┏━━
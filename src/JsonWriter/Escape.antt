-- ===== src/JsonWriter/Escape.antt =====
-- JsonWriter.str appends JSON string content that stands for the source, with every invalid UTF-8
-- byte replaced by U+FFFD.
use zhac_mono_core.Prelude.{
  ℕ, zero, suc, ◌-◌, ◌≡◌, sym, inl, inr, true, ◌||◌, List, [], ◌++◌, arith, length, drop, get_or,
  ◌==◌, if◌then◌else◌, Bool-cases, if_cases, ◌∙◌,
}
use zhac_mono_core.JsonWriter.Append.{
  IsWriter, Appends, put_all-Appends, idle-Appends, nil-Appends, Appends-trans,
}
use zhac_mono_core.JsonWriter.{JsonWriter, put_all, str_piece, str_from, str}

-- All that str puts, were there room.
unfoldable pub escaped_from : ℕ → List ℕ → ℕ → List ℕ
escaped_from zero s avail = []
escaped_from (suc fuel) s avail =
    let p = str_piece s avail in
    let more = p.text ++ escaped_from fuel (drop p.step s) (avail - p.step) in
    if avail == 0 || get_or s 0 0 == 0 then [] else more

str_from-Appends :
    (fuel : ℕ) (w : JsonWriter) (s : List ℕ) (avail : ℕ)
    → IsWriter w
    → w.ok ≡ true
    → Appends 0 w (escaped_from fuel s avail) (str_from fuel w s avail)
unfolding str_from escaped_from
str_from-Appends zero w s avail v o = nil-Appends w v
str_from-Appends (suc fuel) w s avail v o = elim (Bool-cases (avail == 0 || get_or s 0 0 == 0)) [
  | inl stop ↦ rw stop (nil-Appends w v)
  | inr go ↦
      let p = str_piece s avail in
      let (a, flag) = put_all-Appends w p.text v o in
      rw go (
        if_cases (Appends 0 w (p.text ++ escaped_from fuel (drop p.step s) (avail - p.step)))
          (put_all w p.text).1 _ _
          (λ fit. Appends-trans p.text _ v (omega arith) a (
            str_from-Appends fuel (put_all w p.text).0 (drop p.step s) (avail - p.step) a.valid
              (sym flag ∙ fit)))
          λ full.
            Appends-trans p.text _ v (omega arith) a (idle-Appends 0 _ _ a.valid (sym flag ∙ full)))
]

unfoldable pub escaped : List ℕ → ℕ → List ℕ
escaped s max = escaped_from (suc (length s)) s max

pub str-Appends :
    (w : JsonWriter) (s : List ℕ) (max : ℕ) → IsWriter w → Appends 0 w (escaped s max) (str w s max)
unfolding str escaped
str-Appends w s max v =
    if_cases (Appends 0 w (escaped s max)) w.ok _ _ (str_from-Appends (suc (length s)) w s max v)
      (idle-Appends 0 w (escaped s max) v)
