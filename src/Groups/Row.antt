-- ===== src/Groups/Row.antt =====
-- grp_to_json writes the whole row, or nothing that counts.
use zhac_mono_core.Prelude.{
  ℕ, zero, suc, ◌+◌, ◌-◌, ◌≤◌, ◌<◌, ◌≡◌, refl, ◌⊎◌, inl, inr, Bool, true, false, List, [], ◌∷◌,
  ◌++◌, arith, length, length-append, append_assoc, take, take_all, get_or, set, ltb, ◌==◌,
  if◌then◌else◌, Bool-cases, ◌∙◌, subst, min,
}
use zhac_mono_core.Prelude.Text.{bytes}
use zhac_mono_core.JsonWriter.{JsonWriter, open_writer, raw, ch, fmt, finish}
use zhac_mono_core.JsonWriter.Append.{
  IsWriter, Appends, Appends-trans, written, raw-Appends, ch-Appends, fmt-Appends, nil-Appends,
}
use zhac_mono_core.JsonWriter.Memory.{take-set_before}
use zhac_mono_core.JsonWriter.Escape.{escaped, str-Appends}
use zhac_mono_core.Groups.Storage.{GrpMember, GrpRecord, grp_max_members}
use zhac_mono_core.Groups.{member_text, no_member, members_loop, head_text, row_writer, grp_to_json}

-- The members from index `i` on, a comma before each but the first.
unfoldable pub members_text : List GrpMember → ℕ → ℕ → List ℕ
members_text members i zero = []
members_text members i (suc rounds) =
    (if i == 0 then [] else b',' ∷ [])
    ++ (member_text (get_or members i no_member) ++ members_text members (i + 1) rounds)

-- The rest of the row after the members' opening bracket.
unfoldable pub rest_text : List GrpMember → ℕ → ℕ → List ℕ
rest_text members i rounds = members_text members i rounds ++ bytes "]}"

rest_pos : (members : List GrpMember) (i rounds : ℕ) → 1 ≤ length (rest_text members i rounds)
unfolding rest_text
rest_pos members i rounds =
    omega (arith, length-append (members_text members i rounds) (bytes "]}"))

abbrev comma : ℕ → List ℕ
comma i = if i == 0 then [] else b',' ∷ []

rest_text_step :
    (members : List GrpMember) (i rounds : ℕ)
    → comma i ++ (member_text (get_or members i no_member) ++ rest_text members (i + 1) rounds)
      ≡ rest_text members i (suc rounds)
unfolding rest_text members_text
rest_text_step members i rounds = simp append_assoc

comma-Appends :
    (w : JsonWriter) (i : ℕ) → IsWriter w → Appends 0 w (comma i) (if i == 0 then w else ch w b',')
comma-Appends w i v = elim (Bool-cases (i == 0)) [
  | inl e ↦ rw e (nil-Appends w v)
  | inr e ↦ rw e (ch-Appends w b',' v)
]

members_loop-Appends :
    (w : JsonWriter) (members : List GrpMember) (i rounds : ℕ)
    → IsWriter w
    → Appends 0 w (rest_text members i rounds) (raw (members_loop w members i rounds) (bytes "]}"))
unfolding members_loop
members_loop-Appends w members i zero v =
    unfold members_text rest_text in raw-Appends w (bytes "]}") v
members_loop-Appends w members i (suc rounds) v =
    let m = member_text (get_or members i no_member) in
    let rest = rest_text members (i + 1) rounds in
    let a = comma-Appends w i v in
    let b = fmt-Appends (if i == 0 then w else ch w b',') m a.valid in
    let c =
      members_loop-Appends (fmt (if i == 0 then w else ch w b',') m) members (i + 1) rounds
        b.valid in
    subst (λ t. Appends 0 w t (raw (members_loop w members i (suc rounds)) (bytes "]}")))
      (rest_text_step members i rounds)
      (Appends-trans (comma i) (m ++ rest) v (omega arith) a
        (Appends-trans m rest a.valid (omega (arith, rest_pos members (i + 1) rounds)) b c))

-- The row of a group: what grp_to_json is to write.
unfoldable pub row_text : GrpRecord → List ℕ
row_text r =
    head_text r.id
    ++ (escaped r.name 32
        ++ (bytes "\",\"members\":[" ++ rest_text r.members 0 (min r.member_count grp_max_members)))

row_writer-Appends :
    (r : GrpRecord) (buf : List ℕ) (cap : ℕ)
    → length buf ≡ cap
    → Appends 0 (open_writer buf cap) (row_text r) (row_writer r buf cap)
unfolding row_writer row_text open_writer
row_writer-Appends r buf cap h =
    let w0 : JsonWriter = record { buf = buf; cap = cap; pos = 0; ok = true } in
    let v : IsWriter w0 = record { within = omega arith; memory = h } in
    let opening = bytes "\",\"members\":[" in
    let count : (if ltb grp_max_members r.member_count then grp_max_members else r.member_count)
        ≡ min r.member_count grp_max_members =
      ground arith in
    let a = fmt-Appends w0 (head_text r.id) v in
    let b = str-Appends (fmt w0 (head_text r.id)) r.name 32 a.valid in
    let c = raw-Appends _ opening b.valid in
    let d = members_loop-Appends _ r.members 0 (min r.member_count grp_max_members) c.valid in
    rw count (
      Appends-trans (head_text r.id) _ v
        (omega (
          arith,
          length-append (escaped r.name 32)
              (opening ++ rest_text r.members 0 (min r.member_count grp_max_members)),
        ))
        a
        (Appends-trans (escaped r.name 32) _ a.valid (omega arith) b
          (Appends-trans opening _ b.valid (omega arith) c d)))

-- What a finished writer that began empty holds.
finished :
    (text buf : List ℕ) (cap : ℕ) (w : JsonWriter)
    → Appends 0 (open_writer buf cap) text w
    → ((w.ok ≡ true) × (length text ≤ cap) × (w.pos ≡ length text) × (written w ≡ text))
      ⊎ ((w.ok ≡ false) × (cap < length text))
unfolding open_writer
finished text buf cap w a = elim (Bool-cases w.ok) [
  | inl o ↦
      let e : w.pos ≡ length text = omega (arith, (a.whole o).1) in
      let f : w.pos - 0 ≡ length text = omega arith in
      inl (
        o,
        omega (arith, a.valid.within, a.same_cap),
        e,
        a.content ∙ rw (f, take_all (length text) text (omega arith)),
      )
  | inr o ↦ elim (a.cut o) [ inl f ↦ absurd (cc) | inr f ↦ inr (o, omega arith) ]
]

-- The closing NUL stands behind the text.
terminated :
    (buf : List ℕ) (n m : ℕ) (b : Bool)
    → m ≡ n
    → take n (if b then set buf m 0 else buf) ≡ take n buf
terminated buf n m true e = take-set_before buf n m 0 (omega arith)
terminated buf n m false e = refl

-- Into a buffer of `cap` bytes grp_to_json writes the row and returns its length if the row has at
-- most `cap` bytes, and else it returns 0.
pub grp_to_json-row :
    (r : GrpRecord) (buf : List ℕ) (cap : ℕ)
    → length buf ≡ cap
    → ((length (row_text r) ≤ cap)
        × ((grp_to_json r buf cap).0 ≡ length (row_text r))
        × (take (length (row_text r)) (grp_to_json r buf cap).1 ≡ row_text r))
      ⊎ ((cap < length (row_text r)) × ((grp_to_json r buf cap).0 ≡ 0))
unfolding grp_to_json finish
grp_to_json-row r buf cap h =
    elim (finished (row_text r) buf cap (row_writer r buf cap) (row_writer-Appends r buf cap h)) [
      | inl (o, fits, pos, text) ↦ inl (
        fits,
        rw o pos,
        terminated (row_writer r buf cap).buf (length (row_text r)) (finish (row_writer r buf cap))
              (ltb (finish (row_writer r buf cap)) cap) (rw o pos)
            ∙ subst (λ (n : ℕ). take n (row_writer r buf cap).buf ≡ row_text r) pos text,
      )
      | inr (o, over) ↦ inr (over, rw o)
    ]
┗━━
(What this task involves):
For every line in the listing above that mentions the word "returns", make a copy.

(Written solution):
-- Into a buffer of `cap` bytes grp_to_json writes the row and returns its length if the row has at
-- most `cap` bytes, and else it returns 0.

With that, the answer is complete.